## [DESCRIPTION OF THE TASK]
Each line of the data below containing "that" needs to be listed.

»»

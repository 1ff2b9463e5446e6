-- ===== src/NeonClone.antt =====
-- tools/neonclone.py: cloning a `.neon` directory and editing its ports, addresses and ids. The
-- TOML files come in as records of the keys that are edited, the others pass unchanged; ids, ports
-- and the offset are natural numbers. Under `safekeepers` there are only directories.
pub mod Address
pub mod Moves
pub mod Safekeepers
mod Tests
use sunstorm_xactserver.Base.{
  ℕ, ◌+◌, ◌*◌, ◌<>◌, String, Bool, true, false, Option, none, some, List, [], ◌∷◌, length, ◌==◌,
  string_eq, if◌then◌else◌,
}
use sunstorm_xactserver.Base.Dict.{Dict, lookup, insert, erase}
use sunstorm_xactserver.Base.Number.{int}
use sunstorm_xactserver.Base.Result.{Result, ok, err, ◌>>=◌}
use sunstorm_xactserver.Base.Text.{show, split}

-- `CloneError`, and the exceptions of `split`, `int`, `copytree` and `rename`.
pub data CloneError : Type 0 where
  no_source no_neon no_destination destination_exists bad_address bad_port no_safekeepers :
      CloneError
  no_safekeeper : ℕ → CloneError
  rename_failed : String → CloneError

pub record PageserverToml : Type 0 where
  pub listen_http_addr : String
  pub listen_pg_addr : String
  pub id : ℕ

pub record Safekeeper : Type 0 where
  pub id : ℕ
  pub http_port : ℕ
  pub pg_port : ℕ

pub record Config : Type 0 where
  pub pageserver : PageserverToml
  pub xactserver_listen_pg_addr : String
  pub safekeepers : List Safekeeper

-- The files of a directory, by name.
abbrev pub Files : Type 0
Files = Dict String String

-- The directories under `safekeepers`.
abbrev pub Dirs : Type 0
Dirs = Dict String Files

pub record NeonDir : Type 0 where
  pub pageserver_toml : PageserverToml
  pub config : Config
  pub safekeepers : Option Dirs

-- A path: no directory, or one that may hold `.neon`.
pub data Place : Type 0 where
  missing : Place
  directory : Option NeonDir → Place

-- `deep_copy_neon`: what the destination is afterwards.
deep_copy_neon : Place → Place → Result CloneError NeonDir
deep_copy_neon missing dst = err no_source
deep_copy_neon (directory none) dst = err no_neon
deep_copy_neon (directory (some neon)) missing = err no_destination
deep_copy_neon (directory (some neon)) (directory none) = ok neon
deep_copy_neon (directory (some neon)) (directory (some _)) = err destination_exists

-- `hostname or old_hostname`, and the port
abbrev pub join_address : Option String → String → ℕ → String
join_address none old port = old <> String.◌∷◌ ":" (show port)
join_address (some host) old port = (if host == "" then old else host) <> String.◌∷◌ ":" (show port)

abbrev pub bump_port : ℕ → Option String → String → Option ℕ → Result CloneError String
bump_port ordinal hostname old none = err bad_port
bump_port ordinal hostname old (some port) = ok (join_address hostname old (port + ordinal))

pub change_parts : ℕ → Option String → List String → Result CloneError String
unfolding int
change_parts ordinal hostname (old ∷ port ∷ []) = bump_port ordinal hostname old (int port)
change_parts ordinal hostname _ = err bad_address

pub change_addr : ℕ → Option String → String → Result CloneError String
unfolding change_parts split
change_addr ordinal hostname hostname_and_port =
    change_parts ordinal hostname (split b':' hostname_and_port)

pub edit_pageserver : ℕ → Option String → PageserverToml → Result CloneError PageserverToml
unfolding change_addr
edit_pageserver ordinal hostname t = change_addr ordinal hostname t.listen_http_addr >>= λ http.
    change_addr ordinal hostname t.listen_pg_addr >>= λ pg.
    ok (record { listen_http_addr = http; listen_pg_addr = pg; id = t.id + ordinal })

pub edit_ports : ℕ → List Safekeeper → List Safekeeper
edit_ports ordinal [] = []
edit_ports ordinal (sk ∷ rest) =
    record sk { http_port = sk.http_port + ordinal; pg_port = sk.pg_port + ordinal }
    ∷ edit_ports ordinal rest

-- The `config` file takes the pageserver's values from the file that was edited before.
pub edit_config : ℕ → Option String → PageserverToml → Config → Result CloneError Config
unfolding change_addr edit_ports
edit_config ordinal hostname edited c =
    change_addr ordinal hostname c.xactserver_listen_pg_addr >>= λ pg. ok (record {
      pageserver = edited;
      xactserver_listen_pg_addr = pg;
      safekeepers = edit_ports ordinal c.safekeepers;
    })

-- What a function returns or raises, and the directory as it leaves it.
abbrev Edit : Type 0
Edit = Result CloneError (Unit {0}) × NeonDir

pub edit_configs : ℕ → Option String → NeonDir → Edit
unfolding edit_pageserver edit_config
edit_configs ordinal hostname neon = elim (edit_pageserver ordinal hostname neon.pageserver_toml) [
  | err e ↦ (err e, neon)
  | ok edited ↦ elim (edit_config ordinal hostname edited neon.config) [
    | err e ↦ (err e, record neon { pageserver_toml = edited })
    | ok config ↦ (ok tt, record neon { pageserver_toml = edited; config = config })
  ]
]

pub sk_name : ℕ → String
unfolding show
sk_name id = "sk" <> show id

abbrev pub is_empty : Files → Bool
is_empty [] = true
is_empty (_ ∷ _) = false

-- `rename`, which replaces an empty directory, but no other one.
pub rename : String → String → Files → Dirs → Result CloneError Dirs
rename old new files dirs = if old == new then ok dirs else elim (lookup new dirs) [
  | none ↦ ok (insert new files (erase old dirs))
  | some taken ↦
      if is_empty taken then ok (insert new files (erase old dirs)) else err (rename_failed new)
]

-- The loop of `edit_safekeeper_ids`; `shift` is `num_sk * ordinal`. A failure leaves the renames
-- that have been done.
pub rename_all : ℕ → List Safekeeper → Dirs → Result CloneError (List Safekeeper) × Dirs
unfolding rename sk_name
rename_all shift [] dirs = (ok [], dirs)
rename_all shift (sk ∷ rest) dirs = elim (lookup (sk_name sk.id) dirs) [
  | none ↦ (err (no_safekeeper sk.id), dirs)
  | some files ↦ elim (rename (sk_name sk.id) (sk_name (sk.id + shift)) files dirs) [
    | err e ↦ (err e, dirs)
    | ok renamed ↦
        let (ids, dirs') =
          rename_all shift rest
            (insert (sk_name (sk.id + shift)) (erase "safekeeper.id" files) renamed) in
        (ids >>= λ sks. ok (record sk { id = sk.id + shift } ∷ sks), dirs')
  ]
]

abbrev with_ids : NeonDir → Result CloneError (List Safekeeper) × Dirs → Edit
with_ids neon (err e, dirs) = (err e, record neon { safekeepers = some dirs })
with_ids neon (ok sks, dirs) = (
  ok tt,
  record neon { safekeepers = some dirs; config = record neon.config { safekeepers = sks } },
)

pub edit_safekeeper_ids : ℕ → NeonDir → Edit
unfolding rename_all
edit_safekeeper_ids ordinal neon = elim neon.safekeepers [
  | none ↦ (err no_safekeepers, neon)
  | some dirs ↦
      with_ids neon
        (rename_all (length neon.config.safekeepers * ordinal) neon.config.safekeepers dirs)
]

abbrev after_configs : ℕ → Edit → Edit
after_configs offset (err e, neon) = (err e, neon)
after_configs offset (ok _, neon) = edit_safekeeper_ids offset neon

-- `clone_neon`: the outcome, and the `.neon` directory of the destination, if it has been copied.
unfoldable pub clone_neon :
    Place → Place → ℕ → Option String → Result CloneError (Unit {0}) × Option NeonDir
unfolding deep_copy_neon edit_configs edit_safekeeper_ids
clone_neon src dst offset hostname = elim (deep_copy_neon src dst) [
  | err e ↦ (err e, none)
  | ok neon ↦
      let (result, edited) = after_configs offset (edit_configs offset hostname neon) in
      (result, some edited)
]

««

## [PROBLEM SOLUTION]
-- TOML files come in as records of the keys that are edited, the others pass unchanged; ids, ports
-- A path: no directory, or one that may hold `.neon`.
-- The `config` file takes the pageserver's values from the file that was edited before.
-- that have been done.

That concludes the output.